Features -By Mary Chickos, Staff Writer
Left: Demographics of Millennial – Photo by Google, The Current © 2015
For the last decade at least, every millennial has been hearing their generation being either unendurably derided or gleefully praised by those members of the older generations while having their communal characteristics described to them. Well, on April 21 in the Office of Multicultural Student Services, Counselor Tyson Holder outlined a generational timeline depicting some general characteristics of several generations of people.
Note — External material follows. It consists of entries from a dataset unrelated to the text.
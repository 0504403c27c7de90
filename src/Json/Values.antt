-- ===== src/Json/Values.antt =====
-- Whole values of Plugins/FrameSolver/Standalone/v2/MiniJson.h are read back as dump writes them.
use architect_simulator.Base.{
  ◌≡◌, refl, ap, sym, ◌∙◌, subst, ℕ, zero, suc, ◌*◌, ◌<◌, Bool, List, [], ◌∷◌, ◌++◌, length,
  length-append, append-nil, arith,
}
use architect_simulator.Json.{dump_string, dump_chars}
use architect_simulator.Json.Integers.{Stops}
use architect_simulator.Json.Value.{
  Json, null, bool, number, string, array, object, Items, nil, cons, Fields, end, field, append,
  dump, dump_items, dump_fields,
}
use architect_simulator.Json.Proper.{Distinct, Distinct-append, append_assoc}
use architect_simulator.Json.Parse.{
  read, max_json_depth, parse_value, parse_items, parse_fields, parse, skip,
}
use architect_simulator.Json.Heads.{
  IsReadable, AreReadable, FieldsReadable, dump-Head, emplace-new, Head-append,
}
use architect_simulator.Json.Texts.{
  number_read, string-read, dump_array, dump_object, dump_items_rest, dump_fields_rest,
  dump_items_nil, dump_fields_end, array-read, object-read, null-read, bool-read, nil-read,
  end-read, items-last, items-more, fields-last, fields-more,
}

no_fuel : {A : Type 0} {n : ℕ} → n < 0 → A
no_fuel l = elim (nothing l) [ ]
  where
    nothing : {n : ℕ} → n < 0 → ⊥
    nothing l = omega (arith, l)

module _ {D : Type 0} (strtod : List ℕ → D) (is_finite : D → Bool) (format : D → List ℕ) where
  abbrev Readable : ℕ → Json D → Type 0
  Readable = IsReadable strtod is_finite format

  -- Enough fuel for the text of a value.
  abbrev Enough : ℕ → List ℕ → Type 0
  Enough fuel s = 2 * length s < fuel

  abbrev IsCons : Items D → Type 0
  IsCons nil = ⊥
  IsCons (cons x xs) = Unit

  abbrev IsField : Fields D → Type 0
  IsField end = ⊥
  IsField (field k v fs) = Unit

  -- What the loops of parseArray and parseObject start at.
  unfoldable items_text : Items D → List ℕ → List ℕ
  items_text nil rest = 93 ∷ rest
  items_text (cons x xs) rest = dump format x ++ (dump_items format xs ++ 93 ∷ rest)

  unfoldable fields_text : Fields D → List ℕ → List ℕ
  fields_text end rest = 125 ∷ rest
  fields_text (field k v fs) rest =
      dump_string k ++ (58 ∷ dump format v ++ (dump_fields format fs ++ 125 ∷ rest))

  length-key : (k s : List ℕ) → suc (suc (length s)) < length (dump_string k ++ 58 ∷ s)
  unfolding dump_string
  length-key k s =
      omega
        (arith, length-append (dump_string k) (58 ∷ s), length-append (34 ∷ dump_chars k) (34 ∷ []))

  object_text-read :
      (k : List ℕ) (fuel depth : ℕ) (s rest : List ℕ) (fs : Fields D)
      → depth < max_json_depth
      → parse_fields strtod is_finite fuel (suc depth) end (dump_string k ++ s) ≡ read fs rest
      → parse_value strtod is_finite (suc fuel) depth (123 ∷ dump_string k ++ s)
        ≡ read (object fs) rest
  unfolding dump_string
  object_text-read k fuel depth s rest fs l e =
      object-read strtod is_finite format fuel depth _ rest fs l e

  mutual
    unfolding IsReadable items_text fields_text append

    value-read :
        (v : Json D) (fuel depth : ℕ) (rest : List ℕ)
        → Readable depth v
        → Stops rest
        → Enough fuel (dump format v ++ rest)
        → parse_value strtod is_finite fuel depth (dump format v ++ rest) ≡ read v rest
    value-read null zero depth rest h s l = no_fuel l
    value-read null (suc fuel) depth rest h s l = null-read strtod is_finite format fuel depth rest
    value-read (bool b) zero depth rest h s l = no_fuel l
    value-read (bool b) (suc fuel) depth rest h s l =
        bool-read strtod is_finite format b fuel depth rest
    value-read (number n) zero depth rest h s l = no_fuel l
    value-read (number n) (suc fuel) depth rest h s l =
        number_read strtod is_finite format fuel depth n rest h s
    value-read (string t) zero depth rest h s l = no_fuel l
    value-read (string t) (suc fuel) depth rest h s l =
        string-read strtod is_finite format fuel depth t rest
    value-read (array nil) zero depth rest h s l = no_fuel l
    value-read (array nil) (suc fuel) depth rest h s l =
        nil-read strtod is_finite format fuel depth rest h.0
    value-read (array (cons x xs)) zero depth rest h s l = no_fuel l
    value-read (array (cons x xs)) (suc fuel) depth rest h s l =
        let e = dump_array strtod is_finite format x xs rest in
        ap (parse_value strtod is_finite (suc fuel) depth) e
        ∙ array-read strtod is_finite format fuel depth (items_text (cons x xs) rest) rest
            (cons x xs)
            (Head-append (dump format x) _ (dump-Head strtod is_finite format x (suc depth) h.1.0))
            h.0
            (items-read (cons x xs) fuel (suc depth) rest tt h.1 (omega (arith, l, ap length e)))
    value-read (object end) zero depth rest h s l = no_fuel l
    value-read (object end) (suc fuel) depth rest h s l =
        end-read strtod is_finite format fuel depth rest h.0
    value-read (object (field k v fs)) zero depth rest h s l = no_fuel l
    value-read (object (field k v fs)) (suc fuel) depth rest h s l =
        let e = dump_object strtod is_finite format k v fs rest in
        ap (parse_value strtod is_finite (suc fuel) depth) e
        ∙ object_text-read k fuel depth _ rest (field k v fs) h.0 (
            fields-read (field k v fs) fuel (suc depth) end rest tt h.1 h.2
              (omega (arith, l, ap length e)))

    items-read :
        (xs : Items D) (fuel depth : ℕ) (rest : List ℕ)
        → IsCons xs
        → AreReadable strtod is_finite format depth xs
        → suc (2 * length (items_text xs rest)) < fuel
        → parse_items strtod is_finite fuel depth (items_text xs rest) ≡ read xs rest
    items-read nil fuel depth rest c h l = elim c [ ]
    items-read (cons x xs) zero depth rest c h l = no_fuel l
    items-read (cons x nil) (suc fuel) depth rest c h l =
        let e = dump_items_nil strtod is_finite format (93 ∷ rest) in
        ap (λ r. parse_items strtod is_finite (suc fuel) depth (dump format x ++ r)) e
        ∙ items-last strtod is_finite format fuel depth (dump format x ++ 93 ∷ rest) rest x (
            value-read x fuel depth (93 ∷ rest) h.0 (refl, refl, refl, refl)
              (omega (
                arith,
                l,
                ap length e,
                length-append (dump format x) (93 ∷ rest),
                length-append (dump format x) (dump_items format nil ++ 93 ∷ rest),
              )))
    items-read (cons x (cons y ys)) (suc fuel) depth rest c h l =
        let e = dump_items_rest strtod is_finite format y ys (93 ∷ rest) in
        let t = items_text (cons y ys) rest in
        ap (λ r. parse_items strtod is_finite (suc fuel) depth (dump format x ++ r)) e
        ∙ items-more strtod is_finite format fuel depth (dump format x ++ 44 ∷ t) t rest x
            (cons y ys)
            (value-read x fuel depth (44 ∷ t) h.0 (refl, refl, refl, refl)
              (omega (
                arith,
                l,
                ap length e,
                length-append (dump format x) (44 ∷ t),
                length-append (dump format x) (dump_items format (cons y ys) ++ 93 ∷ rest),
              )))
            (items-read (cons y ys) fuel depth rest tt h.1 (
              omega (
                arith,
                l,
                ap length e,
                length-append (dump format x) (dump_items format (cons y ys) ++ 93 ∷ rest),
              )))

    fields-read :
        (fs : Fields D) (fuel depth : ℕ) (acc : Fields D) (rest : List ℕ)
        → IsField fs
        → FieldsReadable strtod is_finite format depth fs
        → Distinct (append acc fs)
        → suc (2 * length (fields_text fs rest)) < fuel
        → parse_fields strtod is_finite fuel depth acc (fields_text fs rest)
          ≡ read (append acc fs) rest
    fields-read end fuel depth acc rest c h d l = elim c [ ]
    fields-read (field k v fs) zero depth acc rest c h d l = no_fuel l
    fields-read (field k v end) (suc fuel) depth acc rest c h d l =
        let e = dump_fields_end strtod is_finite format (125 ∷ rest) in
        let new = emplace-new strtod is_finite k v acc (Distinct-append acc k v end d) in
        ap
          (λ r.
            parse_fields strtod is_finite (suc fuel) depth acc
              (dump_string k ++ (58 ∷ dump format v ++ r)))
          e
        ∙ fields-last strtod is_finite format fuel depth k (dump format v ++ 125 ∷ rest) rest v acc
            (value-read v fuel depth (125 ∷ rest) h.0 (refl, refl, refl, refl)
              (omega (
                arith,
                l,
                ap length e,
                length-append (dump format v) (125 ∷ rest),
                length-append (dump format v) (dump_fields format end ++ 125 ∷ rest),
                length-key k (dump format v ++ (dump_fields format end ++ 125 ∷ rest)),
              )))
        ∙ ap (λ o. read o rest) new
    fields-read (field k v (field k' w fs)) (suc fuel) depth acc rest c h d l =
        let e = dump_fields_rest strtod is_finite format k' w fs (125 ∷ rest) in
        let t = fields_text (field k' w fs) rest in
        let tail = dump_fields format (field k' w fs) ++ 125 ∷ rest in
        let new =
          emplace-new strtod is_finite k v acc (Distinct-append acc k v (field k' w fs) d) in
        let same = append_assoc acc k v (field k' w fs) in
        ap
          (λ r.
            parse_fields strtod is_finite (suc fuel) depth acc
              (dump_string k ++ (58 ∷ dump format v ++ r)))
          e
        ∙ fields-more strtod is_finite format fuel depth k (dump format v ++ 44 ∷ t) t v acc _
            (value-read v fuel depth (44 ∷ t) h.0 (refl, refl, refl, refl)
              (omega (
                arith,
                l,
                ap length e,
                length-append (dump format v) (44 ∷ t),
                length-append (dump format v) tail,
                length-key k (dump format v ++ tail),
              )))
            (ap (λ o. parse_fields strtod is_finite fuel depth o t) new
              ∙ fields-read (field k' w fs) fuel depth (append acc (field k v end)) rest tt h.1
                  (subst Distinct (sym same) d)
                  (omega (
                    arith,
                    l,
                    ap length e,
                    length-append (dump format v) tail,
                    length-key k (dump format v ++ tail),
                  ))
              ∙ ap (λ o. read o rest) same)

  -- A value whose integers fit in an int64_t, whose doubles read back, whose objects have distinct keys
  -- and whose arrays and objects stand at most 64 deep in each other is what parse makes of its dump, in
  -- whatever order each object's map is iterated.
  pub parse-dump : (v : Json D) → Readable 0 v → parse strtod is_finite (dump format v) ≡ read v []
  unfolding parse
  parse-dump v h =
      let e = append-nil (dump format v) in
      let fuel = suc (2 * length (dump format v)) in
      let step : parse_value strtod is_finite fuel 0 (dump format v) ≡ read v [] =
        ap (parse_value strtod is_finite fuel 0) (sym e)
        ∙ value-read v fuel 0 [] h tt (omega (arith, ap length e)) in
      rw step (unfold skip in refl)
His timeline outlined the Greatest Generation, born before 1942; the Baby Boomers, born from 1943-1960; Generation X, born between 1961 and 1981; and Millennials or Generation Y, born between 1982 and 2005. Holder was sure to start by pointing out the most popular of signifiers for the last generation, describing Millennials as the “Net Generation” or the generation of digital natives who are diverse and impatient. Expecting service 24/7, they have a sense of urgency and their views often are influenced by social media.
Millennials will comprise more than one-third of adult Americans by 2020 and 75% of the workforce by 2025. They have personal characteristics including realism, confidence, fun-loving, and very sociable personalities and are often from merged families. Education is an incredible expense for them and they will be paying down that debt for years. They use the internet and social media on a daily basis, live on their phones, and earn to spend. This is in contrast to Generation X that is often skeptical, loves to have fun, informal, often were latch key kids in a home where both parents worked, cautious, conservative, and consider education a way to get to a better position in life. They like to save, save, save.
Baby Boomers, many of whom are advancing to retirement age, share a sense of optimism, involvement, and are part of a family that has disintegrated. Education was their birthright and they have advanced to the touch tone phone. Their spending habits include buy now and pay later.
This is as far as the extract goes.